**EXERCISE GOAL:** Using the records below, write out again exactly the lines that begin at the line containing "logs-unlink (d ∷" and end at the line containing "let same : d", and no other lines.

· · · · · · ·

-- ===== src/Tainlog/Oldest.antt =====
-- The search for the oldest archived file in flush_archive of srvctl/src/tainlog.c, and its removal.
use ngim.Base.{
  ℕ, suc, ◌+◌, ◌<◌, ◌≡◌, refl, sym, ap, ◌∙◌, true, false, List, [], ◌∷◌, ◌&&◌, ◌||◌, ◌==◌, ◌⊎◌, inl,
  inr, if◌then◌else◌, arith, In, Bool-cases, if-ind,
}
use ngim.Tai.Order.{lex_less}
use ngim.Tai.Strings.{lex_less_irrefl, lex_less_asym, lex_less_trans}
use ngim.Cmdline.Strings.{str_eq→≡, str_eq_refl}
use ngim.Cmdline.{Str, str_eq}
use ngim.Tainlog.Files.{Entry, unlink, is_log, find_oldest}

-- The number of archived log files.
abbrev pub logs : List Entry → ℕ
logs [] = 0
logs (e ∷ es) = if is_log e then suc (logs es) else logs es

pub find_oldest-logs : (es : List Entry) (n : ℕ) (o : Str) → (find_oldest es n o).0 ≡ n + logs es
unfolding find_oldest
find_oldest-logs [] n o = omega arith
find_oldest-logs (e ∷ es) n o =
    let next : Str = if is_log e && (n == 0 || lex_less e.name o) then e.name else o in
    elim (Bool-cases (is_log e)) [
      | inl l ↦ find_oldest-logs es (if is_log e then n + 1 else n) next ∙ ground arith
      | inr l ↦ find_oldest-logs es (if is_log e then n + 1 else n) next ∙ ground arith
    ]

-- The name found is not greater than the one that the loop starts from, if that counts.
find_oldest_start :
    (es : List Entry) (n : ℕ) (o : Str) → 0 < n → lex_less o (find_oldest es n o).1 ≡ false
unfolding find_oldest
find_oldest_start [] n o h = lex_less_irrefl o
find_oldest_start (e ∷ es) n o h = ground (
  arith,
  find_oldest_start es (n + 1) e.name,
  find_oldest_start es (n + 1) o,
  find_oldest_start es n o,
  lex_less_asym e.name o,
  lex_less_trans o e.name (find_oldest es (n + 1) e.name).1,
)

-- No archived file is older than the name found.
pub find_oldest_least :
    (es : List Entry) (n : ℕ) (o : Str) (e : Entry)
    → In e es
    → is_log e ≡ true
    → lex_less e.name (find_oldest es n o).1 ≡ false
unfolding find_oldest
find_oldest_least [] n o e m l = absurd m
find_oldest_least (d ∷ es) n o e (inl p) l =
    let l' : is_log d ≡ true = rw p l in
    rw (sym p) (
      ground (
        arith,
        find_oldest_start es (n + 1) d.name,
        find_oldest_start es (n + 1) o,
        lex_less_trans d.name o (find_oldest es (n + 1) o).1,
      ))
find_oldest_least (d ∷ es) n o e (inr m) l =
    find_oldest_least es (if is_log d then n + 1 else n)
      (if is_log d && (n == 0 || lex_less d.name o) then d.name else o) e m l

-- An archived file of this name.
abbrev pub IsLogOf : List Entry → Str → Type 0
IsLogOf es o = (f : Entry) × (In f es × ((is_log f ≡ true) × (f.name ≡ o)))

IsLogOf-cons : (d : Entry) (es : List Entry) (o : Str) → IsLogOf es o → IsLogOf (d ∷ es) o
IsLogOf-cons d es o (f, (m, r)) = (f, (inr m, r))

find_oldest_either :
    (es : List Entry) (n : ℕ) (o : Str)
    → ((find_oldest es n o).1 ≡ o) ⊎ IsLogOf es (find_oldest es n o).1
unfolding find_oldest
find_oldest_either [] n o = inl refl
find_oldest_either (d ∷ es) n o =
    let n' : ℕ = if is_log d then n + 1 else n in
    if-ind (λ next. ((find_oldest es n' next).1 ≡ o) ⊎ IsLogOf (d ∷ es) (find_oldest es n' next).1)
      (is_log d && (n == 0 || lex_less d.name o))
      (λ t. elim (find_oldest_either es n' d.name) [
        | inl e ↦ inr (d, (inl refl, (ground arith, sym e)))
        | inr f ↦ inr (IsLogOf-cons d es (find_oldest es n' d.name).1 f)
      ])
      (λ t. elim (find_oldest_either es n' o) [
        | inl e ↦ inl e
        | inr f ↦ inr (IsLogOf-cons d es (find_oldest es n' o).1 f)
      ])

pub find_oldest-IsLogOf :
    (es : List Entry) (o : Str) → 0 < logs es → IsLogOf es (find_oldest es 0 o).1
unfolding find_oldest
find_oldest-IsLogOf [] o h = absurd (omega arith)
find_oldest-IsLogOf (d ∷ es) o h = elim (Bool-cases (is_log d)) [
  | inl l ↦
      rw (l, find_oldest)
        (elim (find_oldest_either es 1 d.name) [
          | inl e ↦ (d, (inl refl, (l, sym e)))
          | inr f ↦ IsLogOf-cons d es (find_oldest es 1 d.name).1 f
        ])
  | inr l ↦
      rw (l, find_oldest)
        (IsLogOf-cons d es (find_oldest es 0 o).1 (find_oldest-IsLogOf es o (ground arith)))
]

-- No two entries have the same name.
abbrev pub AreNamed : List Entry → Type 0
AreNamed es = (d e : Entry) → In d es → In e es → d.name ≡ e.name → d ≡ e

module _ (o : Str) where
  pub unlink-In : (es : List Entry) (e : Entry) → In e (unlink o es) → In e es
  unfolding unlink
  unlink-In [] e m = m
  unlink-In (d ∷ es) e m =
      if-ind (λ l. In e l → In e (d ∷ es)) (str_eq d.name o) (λ _ k. inr k)
        (λ _ k. elim k [ inl p ↦ inl p | inr k' ↦ inr (unlink-In es e k') ]) m

  pub In-unlink : (es : List Entry) (e : Entry) → In e es → In e (unlink o es) ⊎ (e.name ≡ o)
  unfolding unlink
  In-unlink [] e m = absurd m
  In-unlink (d ∷ es) e m =
      if-ind (λ l. In e l ⊎ (e.name ≡ o)) (str_eq d.name o)
        (λ t. elim m [
          | inl p ↦ inr (ap (λ x. x.name) (sym p) ∙ str_eq→≡ d.name o t)
          | inr k ↦ inl k
        ])
        (λ t. elim m [
          | inl p ↦ inl (inl p)
          | inr k ↦ elim (In-unlink es e k) [ inl k' ↦ inl (inr k') | inr q ↦ inr q ]
        ])

  pub logs-unlink :
      (es : List Entry) (f : Entry)
      → AreNamed es
      → In f es
      → is_log f ≡ true
      → f.name ≡ o
      → suc (logs (unlink o es)) ≡ logs es
  unfolding unlink
  logs-unlink [] f u m l n = absurd m
  logs-unlink (d ∷ es) f u m l n =
      let tail : AreNamed es = λ a b ma mb. u a b (inr ma) (inr mb) in
      elim (Bool-cases (str_eq d.name o)) [
        | inl t ↦
            let same : d ≡ f = u d f (inl refl) m (str_eq→≡ d.name o t ∙ sym n) in
            let log : is_log d ≡ true = rw same l in rw (t, log) refl
        | inr t ↦ elim m [
          | inl p ↦
              let name : d.name ≡ o = ap (λ x. x.name) p ∙ n in
              let no : ⊥ = ground (arith, name, str_eq_refl o, rw name at t) in absurd no
          | inr k ↦
              let ih : suc (logs (unlink o es)) ≡ logs es = logs-unlink es f tail k l n in
              rw t (ground arith)
        ]
      ]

· · · · · · ·

**YOUR SOLUTION:**
  logs-unlink (d ∷ es) f u m l n =
      let tail : AreNamed es = λ a b ma mb. u a b (inr ma) (inr mb) in
      elim (Bool-cases (str_eq d.name o)) [
        | inl t ↦
            let same : d ≡ f = u d f (inl refl) m (str_eq→≡ d.name o t ∙ sym n) in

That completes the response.